The only thing that doesn't work well with UTF-8 is access at
arbitrary index but I doubt any software except maybe document
editors really needs to do it.
I don't know. I know that what I do doesn't need it, but I
don't know too much about what others might be doing.
It is also can be used (with caution) with std::string
unlike UTF-16 and UTF-32 for which you will have to invent
a character type and write traits.
Agreed, but in practice, if you are using UTF-8 in
std::string, you're strings aren't compatible with the third
party libraries using std::string in their interface.
This depends on a library. If it only looks for characters
below 0x7F and passes the rest unmodified I stay compatible.
Most libraries fall in this category.
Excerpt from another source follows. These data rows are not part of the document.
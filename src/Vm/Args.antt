-- ===== src/Vm/Args.antt =====
-- The arguments that vm.c gives to bhyve, as the child of exec_bhyve writes them.
pub mod Slots
pub mod Given
pub mod NoBridge
use bmd.Prelude.{
  ℕ, suc, ◌+◌, ℤ, is_zero, Bool, true, false, not, Option, none, some, List, [], ◌∷◌, ◌++◌, Str,
  codes, case_eq, show_nat, show_int, if◌then◌else◌,
}
use bmd.Conf.{HostbridgeType, PassthruConf, DiskConf, IsoConf, NetConf, Fbuf, VmConf}
use bmd.Vm.{Vm}

-- A NULL pointer is `none`.
abbrev pub Args : Type 0
Args = List (Option Str)

-- What `%s` writes for a pointer.
abbrev pub or_null : Option Str → Str
or_null none = codes "(null)"
or_null (some s) = s

-- `text` under a condition.
abbrev pub args_if : Bool → Args → Args
args_if b args = if b then args else []

-- An option with a value that may be missing, in which case it is not written.
pub option_args : Str → Option Str → Args
option_args flag none = []
option_args flag (some v) = some flag ∷ some v ∷ []

unfoldable pub wait_text : Bool → Str
wait_text b = if b then codes ",wait" else []

unfoldable pub password_text : Option Str → Str
password_text none = []
password_text (some p) = codes ",password=" ++ p

-- What get_fbuf_option writes behind the number of the slot.
unfoldable pub fbuf_text : Fbuf → Str
unfolding wait_text password_text show_int
fbuf_text fb =
    codes "fbuf,tcp="
    ++ (fb.ipaddr
        ++ (codes ":"
            ++ (show_int fb.port
                ++ (codes ",w="
                    ++ (show_int fb.width
                        ++ (codes ",h="
                            ++ (show_int fb.height
                                ++ (codes ",vga="
                                    ++ (fb.vgaconf
                                        ++ (wait_text fb.wait ++ password_text fb.password))))))))))

unfoldable pub get_fbuf_option : ℕ → Fbuf → Str
unfolding fbuf_text show_nat
get_fbuf_option pcid fb = show_nat pcid ++ (codes "," ++ fbuf_text fb)

-- `WRITE_STR(fp, "-s"); WRITE_FMT(fp, "%d,...", pcid++, ...)`
unfoldable pub slot : ℕ → Str → Args
unfolding show_nat
slot pcid text = some (codes "-s") ∷ some (show_nat pcid ++ (codes "," ++ text)) ∷ []

abbrev pub disk_text : DiskConf → Str
disk_text d = d.type ++ (codes "," ++ d.path)

abbrev pub iso_text : IsoConf → Str
iso_text i = i.type ++ (codes "," ++ i.path)

abbrev pub tap_text : NetConf → Str
tap_text n = n.type ++ (codes "," ++ or_null n.tap)

abbrev pub passthru_text : PassthruConf → Str
passthru_text p = codes "passthru," ++ p.devid

-- A loop over devices, from the number `pcid` on: the arguments, and the next number.
unfoldable pub device_args : {A : Type 0} → (A → Str) → List A → ℕ → Args × ℕ
unfolding slot
device_args text [] pcid = ([], pcid)
device_args text (d ∷ ds) pcid =
    let (args, next) = device_args text ds (pcid + 1) in (slot pcid (text d) ++ args, next)

unfoldable pub screen_args : Fbuf → ℕ → Args × ℕ
unfolding get_fbuf_option
screen_args fb pcid =
    if is_zero fb.enable
    then ([], pcid)
    else (some (codes "-s") ∷ some (get_fbuf_option pcid fb) ∷ [], pcid + 1)

unfoldable pub mouse_args : Bool → ℕ → Args
unfolding slot
mouse_args mouse pcid = if mouse then slot pcid (codes "xhci,tablet") else []

-- The devices from slot 2 on.
unfoldable pub all_devices : VmConf → Vm → Args
unfolding device_args screen_args mouse_args
all_devices conf vm =
    let (disks, a) = device_args disk_text conf.disks 2 in
    let (isoes, b) = device_args iso_text conf.isoes a in
    let (taps, c) = device_args tap_text vm.taps b in
    let (passthrues, d) = device_args passthru_text conf.passthrues c in
    let (screen, e) = screen_args conf.fbuf d in
    disks ++ (isoes ++ (taps ++ (passthrues ++ (screen ++ mouse_args conf.mouse e))))

pub firmware : Str
firmware = codes "bootrom,/usr/local/share/uefi-firmware/BHYVE_UEFI.fd"

vars_text : Option Str → Str
vars_text none = firmware
vars_text (some file) = firmware ++ (codes "," ++ file)

-- A loader is given here: start_bhyve has compared it.
pub loader_args : Option Str → Option Str → Args
unfolding vars_text firmware case_eq
loader_args none varsfile = []
loader_args (some loader) varsfile =
    if case_eq loader (codes "uefi")
    then some (codes "-l") ∷ some (vars_text varsfile) ∷ []
    else if case_eq loader (codes "csm")
    then some (codes "-l")
      ∷ some (codes "bootrom,/usr/local/share/uefi-firmware/BHYVE_UEFI_CSM.fd")
      ∷ []
    else []

-- Without a host bridge the option stands without its value.
unfoldable pub hostbridge_args : HostbridgeType → Args
hostbridge_args HostbridgeType.none = some (codes "-s") ∷ []
hostbridge_args HostbridgeType.intel = some (codes "-s") ∷ some (codes "0,hostbridge") ∷ []
hostbridge_args HostbridgeType.amd = some (codes "-s") ∷ some (codes "0,amd_hostbridge") ∷ []

pub comport_args : Option Str → Args
comport_args none = []
comport_args (some port) = some (codes "-l") ∷ some (codes "com1," ++ port) ∷ []

-- What stands before the devices.
unfoldable pub option_part : VmConf → Vm → Args
unfolding option_args comport_args loader_args hostbridge_args
option_part conf vm =
    some (codes "/usr/sbin/bhyve")
    ∷ some (codes "-A")
    ∷ some (codes "-H")
    ∷ some (codes "-w")
    ∷ (args_if conf.utctime (some (codes "-u") ∷ [])
        ++ (args_if conf.wired_memory (some (codes "-S") ∷ [])
            ++ (option_args (codes "-G") conf.debug_port
                ++ (some (codes "-c")
                    ∷ conf.ncpu
                    ∷ some (codes "-m")
                    ∷ conf.memory
                    ∷ (comport_args vm.assigned_comport
                        ++ (option_args (codes "-K") conf.keymap
                            ++ (loader_args conf.loader vm.varsfile
                                ++ (hostbridge_args conf.hostbridge
                                    ++ some (codes "-s") ∷ some (codes "1,lpc") ∷ []))))))))

-- The vector of execv(2), with the NULL at its end.
unfoldable pub exec_args : VmConf → Vm → Args
unfolding option_part all_devices
exec_args conf vm = option_part conf vm ++ (all_devices conf vm ++ some conf.name ∷ none ∷ [])
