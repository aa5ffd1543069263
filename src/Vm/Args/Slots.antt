-- ===== src/Vm/Args/Slots.antt =====
-- The slots that the devices of a machine get.
use bmd.Prelude.{
  ℕ, suc, ◌+◌, ◌≡◌, refl, ap, Bool, true, false, is_zero, List, [], ◌∷◌, ◌++◌, map, Str, codes,
  length, arith, if◌then◌else◌, Bool-cases, inl, inr,
}
use mathlib.Core.List.{append_assoc}
use bmd.Conf.{Fbuf, VmConf}
use bmd.Vm.{Vm}
use bmd.Vm.Args.{
  Args, fbuf_text, slot, disk_text, iso_text, tap_text, passthru_text, device_args, screen_args,
  mouse_args, all_devices, get_fbuf_option,
}

-- The devices in the order of the slots.
abbrev pub devices : VmConf → Vm → List Str
devices conf vm =
    map disk_text conf.disks
    ++ (map iso_text conf.isoes
        ++ (map tap_text vm.taps
            ++ (map passthru_text conf.passthrues
                ++ ((if is_zero conf.fbuf.enable then [] else fbuf_text conf.fbuf ∷ [])
                    ++ (if conf.mouse then codes "xhci,tablet" ∷ [] else [])))))

-- Each device with its own number, from `n` on.
abbrev pub numbered : ℕ → List Str → Args
numbered n [] = []
numbered n (d ∷ ds) = slot n d ++ numbered (n + 1) ds

numbered-append :
    (n : ℕ) (ds es : List Str)
    → numbered n (ds ++ es) ≡ numbered n ds ++ numbered (n + length ds) es
numbered-append n [] es = ap (λ k. numbered k es) (omega arith)
numbered-append n (d ∷ ds) es =
    let e : n + 1 + length ds ≡ n + suc (length ds) = omega arith in
    simp (numbered-append (n + 1) ds es, append_assoc, e)

length-map : {A : Type 0} (f : A → Str) (xs : List A) → length (map f xs) ≡ length xs
length-map f [] = refl
length-map f (a ∷ xs) = ap suc (length-map f xs)

device_args_lem :
    {A : Type 0} (text : A → Str) (ds : List A) (n : ℕ)
    → device_args text ds n ≡ (numbered n (map text ds), n + length (map text ds))
unfolding device_args
device_args_lem text [] n = ground arith
device_args_lem text (d ∷ ds) n =
    let e : n + 1 + length (map text ds) ≡ n + suc (length (map text ds)) = omega arith in
    rw (device_args_lem text ds (n + 1)) (rw e refl)

screen : Fbuf → List Str
screen fb = if is_zero fb.enable then [] else fbuf_text fb ∷ []

screen_args_lem :
    (fb : Fbuf) (n : ℕ) → screen_args fb n ≡ (numbered n (screen fb), n + length (screen fb))
unfolding screen_args screen slot get_fbuf_option
screen_args_lem fb n = elim (Bool-cases (is_zero fb.enable)) [
  | inl off ↦ rw off (ground arith)
  | inr on ↦ rw on refl
]

mouse_args_lem :
    (mouse : Bool) (n : ℕ)
    → mouse_args mouse n ≡ numbered n (if mouse then codes "xhci,tablet" ∷ [] else [])
unfolding mouse_args
mouse_args_lem true n = refl
mouse_args_lem false n = refl

-- The devices on bhyve's command line are those of the configuration in a fixed order, disks, ISO
-- images, taps, passthrough devices, screen and mouse, and the one at place i, from 0 on, has the
-- slot 2 + i.
pub all_devices-numbered :
    (conf : VmConf) (vm : Vm) → all_devices conf vm ≡ numbered 2 (devices conf vm)
unfolding all_devices screen
all_devices-numbered conf vm =
    simp (device_args_lem, screen_args_lem, mouse_args_lem, numbered-append)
That's why so much Unix
code works perfectly in UTF-8 locale even though it wasn't
written with it in mind.
Are you kidding. I've not found this to be the case at all.
Most Unix tools are extremely primitive, and line things up in
columns based on byte count (which also imposes fixed width
fonts---rather limiting as well).
Note that the problem is NOT trivial. If everything were UTF-8,
it would be easy to adopt. But everything isn't UTF-8, and we
cannot change the past. The file systems I work on do have
characters like '?' in them, already encoded in ISO 8859-1. If
you create a filename using UTF-8 in the same directory, ls is
going to have one hell of a time displaying the directory
contents correctly. Except that ls doesn't worry about
displaying them correctly. It just spits them out, and counts
on xterm doing the job correctly. And xterm delegates the job
to a font, which has one specific encoding (which both ls and
xterm ignore).
This is one case where Windows has the edge on Unix: Windows
imposes a specific encoding for filenames. IMHO, it would have
been better if they had followed the Plan 9 example, and chosen
UTF-8, but anything is better than the Unix solution, where
nothing is defined, every application does whatever it feels
like, and filenames with anything other than basic US ASCII end
up causing a lot of problems.
Arguably, you want a different type, so that the compiler
will catch errors.
Yes. When I want maximum safety I create struct utf8_char
{...}; with the same size and alignment as char. Then I
specialize char_traits, delegating to char_traits<char> and
have typedef basic_string<utf8_char> utf8_string. This creates
a string binary compatible to std::string but with a different
type. It gives me type safety but I am still able to
reinterpret_cast pointers and references between std::string
and utf8_string if I want to. I know it is undefined behavior
but it works extremely well on all compilers I have to deal
with (and I suspect on all compilers in existence).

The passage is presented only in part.